Know canonical markers.

Droplet-based single-cell RNA sequencing (scRNA-seq) frequently encounters significant challenges from contamination of cell-free mRNAs, known as “ambient mRNAs”, which can substantially distort single-cell transcriptome data interpretation to a large extent. In this study, we investigate the impact of ambient mRNA contamination on differential gene expression and biological pathway enrichment analyses, using two independent scRNA-seq datasets: ten peripheral blood mononuclear cells (PBMCs) samples from dengue-infected patients and forty-two scRNA-seq samples of human fetal liver tissues. We apply two independent ambient mRNA correction approaches – CellBender (automate correction) and SoupX (using a predefined set of potential ambient mRNA genes).

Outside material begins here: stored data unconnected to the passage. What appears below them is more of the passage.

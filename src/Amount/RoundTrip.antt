-- ===== src/Amount/RoundTrip.antt =====
-- The two directions of the amount compression undo one another.
use primmonero.Base.{
  ℕ, zero, suc, ◌+◌, ◌-◌, ◌*◌, ◌/◌, ◌%◌, ◌≤◌, ◌<◌, ◌≡◌, ◌≢◌, refl, sym, ◌∙◌, ltb, if◌then◌else◌,
  some, Bool-cases, inl, inr, ◌==◌, arith,
}
use native.Mathlib.Nat.{zero-add}
use primmonero.Amount.{
  u64_mod, strip_zeros, pack_amount, compress_amount, scale_up, unpack_amount, decompress_amount,
}

-- `n` with `e` zeros put behind it.
times_ten : ℕ → ℕ → ℕ
times_ten zero n = n
times_ten (suc e) n = times_ten e (n * 10)

times_ten-mul : (e n : ℕ) → times_ten e (n * 10) ≡ times_ten e n * 10
unfolding times_ten
times_ten-mul zero n = refl
times_ten-mul (suc e) n = times_ten-mul e (n * 10)

le-times_ten : (e n : ℕ) → n ≤ times_ten e n
unfolding times_ten
le-times_ten zero n = omega arith
le-times_ten (suc e) n = omega (arith, le-times_ten e (n * 10))

-- Digits that the loop leaves: no zero at the end, unless nine are gone.
abbrev IsStripped : ℕ → ℕ → Type 0
IsStripped m e = (0 < m) × (e ≤ 9) × (e < 9 → m % 10 ≢ 0)

strip_zeros-IsStripped :
    (fuel n e : ℕ)
    → 9 < fuel + e
    → e ≤ 9
    → 0 < n
    → IsStripped (strip_zeros fuel n e).0 (strip_zeros fuel n e).1
unfolding strip_zeros
strip_zeros-IsStripped zero n e enough h pos = absurd (omega arith)
strip_zeros-IsStripped (suc fuel) n e enough h pos =
    ground (arith, strip_zeros-IsStripped fuel (n / 10) (e + 1))

times_ten-suc : (e n : ℕ) → times_ten (e + 1) n ≡ times_ten e (n * 10)
unfolding times_ten
times_ten-suc e n = let next : e + 1 ≡ suc e = omega arith in rw next

strip_zeros-times_ten :
    (fuel n e : ℕ) → times_ten (strip_zeros fuel n e).1 (strip_zeros fuel n e).0 ≡ times_ten e n
unfolding strip_zeros
strip_zeros-times_ten zero n e = refl
strip_zeros-times_ten (suc fuel) n e =
    ground (arith, strip_zeros-times_ten fuel (n / 10) (e + 1), times_ten-suc e (n / 10))

-- The loop takes off exactly the zeros that were put on.
strip_zeros_exact :
    (k fuel m e : ℕ)
    → k < fuel
    → IsStripped m (e + k)
    → strip_zeros fuel (times_ten k m) e ≡ (m, e + k)
unfolding strip_zeros times_ten
strip_zeros_exact k zero m e enough s = absurd (omega arith)
strip_zeros_exact zero (suc fuel) m e enough s = ground arith
strip_zeros_exact (suc k) (suc fuel) m e enough s =
    ground (arith, times_ten-mul k m, strip_zeros_exact k fuel m (e + 1))

scale_up-times_ten : (e n : ℕ) → times_ten e n < u64_mod → scale_up n e ≡ times_ten e n
unfolding scale_up times_ten
scale_up-times_ten zero n h = refl
scale_up-times_ten (suc e) n h =
    ground (arith, scale_up-times_ten e (n * 10), le-times_ten e (n * 10))

-- The code of the digits `m` with `e` zeros, when nothing wraps.
code : ℕ → ℕ → ℕ
code m e = if ltb e 9 then 1 + (m / 10 * 9 + m % 10 - 1) * 10 + e else 1 + (m - 1) * 10 + 9

pack_amount-code : (m e : ℕ) → IsStripped m e → m ≤ u64_mod / 10 → pack_amount m e ≡ some (code m e)
unfolding pack_amount code
pack_amount-code m e s h = ground arith

code-parts :
    (m e : ℕ)
    → IsStripped m e
    → (0 < code m e)
      × ((code m e - 1) % 10 ≡ e)
      × (m < u64_mod → unpack_amount ((code m e - 1) / 10) e ≡ m)
unfolding code unpack_amount
code-parts m e s = ground arith

decompress_amount-code :
    (m e : ℕ)
    → IsStripped m e
    → times_ten e m < u64_mod
    → decompress_amount (code m e) ≡ times_ten e m
unfolding decompress_amount
decompress_amount-code m e s h =
    ground (arith, code-parts m e s, le-times_ten e m, scale_up-times_ten e m)

-- Every amount up to a tenth of 2 ^ 64, which MAX_MONEY is, compresses without a failed assertion,
-- and decompressing the code gives the amount back.
pub decompress_amount-compress_amount :
    (n : ℕ) → n ≤ u64_mod / 10 → (x : ℕ) × (compress_amount n ≡ some x) × (decompress_amount x ≡ n)
decompress_amount-compress_amount zero h =
    (0, unfold compress_amount in refl, unfold decompress_amount in refl)
decompress_amount-compress_amount (suc n) h = (
  code m e,
  unfold compress_amount in ground (arith, pack_amount-code m e stripped small),
  decompress_amount-code m e stripped (omega (arith, whole)) ∙ whole,
)
  where
    m : ℕ
    m = (strip_zeros 10 (suc n) 0).0

    e : ℕ
    e = (strip_zeros 10 (suc n) 0).1

    stripped : IsStripped m e
    stripped = strip_zeros-IsStripped 10 (suc n) 0 (omega arith) (omega arith) (omega arith)

    whole : times_ten e m ≡ suc n
    whole = strip_zeros-times_ten 10 (suc n) 0 ∙ (unfold times_ten in refl)

    small : m ≤ u64_mod / 10
    small = omega (arith, le-times_ten e m, whole)

-- Every positive code is that of stripped digits and their number of zeros.
digits_of : ℕ → ℕ → ℕ
digits_of y e = if ltb e 9 then y / 9 * 10 + (y % 9 + 1) else y + 1

digits_of-IsStripped : (y e : ℕ) → e < 10 → IsStripped (digits_of y e) e
unfolding digits_of
digits_of-IsStripped y e h = ground arith

code-digits_of : (y e : ℕ) → e < 10 → code (digits_of y e) e ≡ 1 + y * 10 + e
unfolding code digits_of
code-digits_of y e h = ground arith

digits_of_bound : (y e : ℕ) → digits_of y e ≤ 2 * y + 1
unfolding digits_of
digits_of_bound y e = ground arith

times_ten_mono : (e k n : ℕ) → e ≤ k → times_ten e n ≤ times_ten k n
unfolding times_ten
times_ten_mono zero k n h = le-times_ten k n
times_ten_mono (suc e) zero n h = absurd (omega arith)
times_ten_mono (suc e) (suc k) n h = times_ten_mono e k (n * 10) (omega arith)

times_ten_nine : (n : ℕ) → times_ten 9 n ≡ n * 1_000_000_000
unfolding times_ten
times_ten_nine n = omega arith

compress_amount-times_ten :
    (m e : ℕ)
    → IsStripped m e
    → m ≤ u64_mod / 10
    → compress_amount (times_ten e m) ≡ some (code m e)
unfolding compress_amount
compress_amount-times_ten m e s h = ground (
  arith,
  strip_zeros_exact e 10 m 0 (omega arith) (rw zero-add s),
  pack_amount-code m e s h,
  le-times_ten e m,
)

-- The codes up to 10 ^ 9 stand for different amounts: compressing what a code decompresses to
-- gives the code back.
pub compress_amount-decompress_amount :
    (x : ℕ) → x ≤ 1_000_000_000 → compress_amount (decompress_amount x) ≡ some x
compress_amount-decompress_amount zero h = unfold decompress_amount compress_amount in refl
compress_amount-decompress_amount (suc x) h = rw (sym same) (
    rw (decompress_amount-code m e stripped fits)
      (compress_amount-times_ten m e stripped (omega (arith, digits_of_bound (x / 10) e))))
  where
    e : ℕ
    e = x % 10

    m : ℕ
    m = digits_of (x / 10) e

    stripped : IsStripped m e
    stripped = digits_of-IsStripped (x / 10) e (omega arith)

    same : code m e ≡ suc x
    same = code-digits_of (x / 10) e (omega arith) ∙ omega arith

    fits : times_ten e m < u64_mod
    fits =
        omega (arith, times_ten_mono e 9 m stripped.1, times_ten_nine m, digits_of_bound (x / 10) e)

pack_amount-bound : (n e x : ℕ) → pack_amount n e ≡ some x → x < u64_mod
unfolding pack_amount
pack_amount-bound n e x h = ground arith

-- A code is an unsigned number of 64 bits.
pub compress_amount-bound : (n x : ℕ) → compress_amount n ≡ some x → x < u64_mod
unfolding compress_amount
compress_amount-bound n x h = elim (Bool-cases (n == 0)) [
  | inl nought ↦ ground (arith, rw (compress_amount, nought) at h)
  | inr positive ↦
      pack_amount-bound (strip_zeros 10 n 0).0 (strip_zeros 10 n 0).1 x
        (rw (compress_amount, positive) at h)
]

We demonstrate that ambient mRNA transcripts appear among differentially expressed genes (DEGs), subsequently leading to the identification of significant ambient-related biological pathways in unexpected cell subpopulations before ambient mRNA contamination correction. In contrast, after suitable correction, we observe a reduction in ambient mRNA expression levels, resulting in improved DEG identification and leading to the highlight of biologically relevant pathways specific to cell subpopulations. Our study underscores the importance of understanding and applying appropriate corrections for ambient mRNA contamination to enhance the reliability and accuracy of scRNA-seq data analyses, thereby improving the robustness of data interpretation in droplet-based scRNA-seq datasets.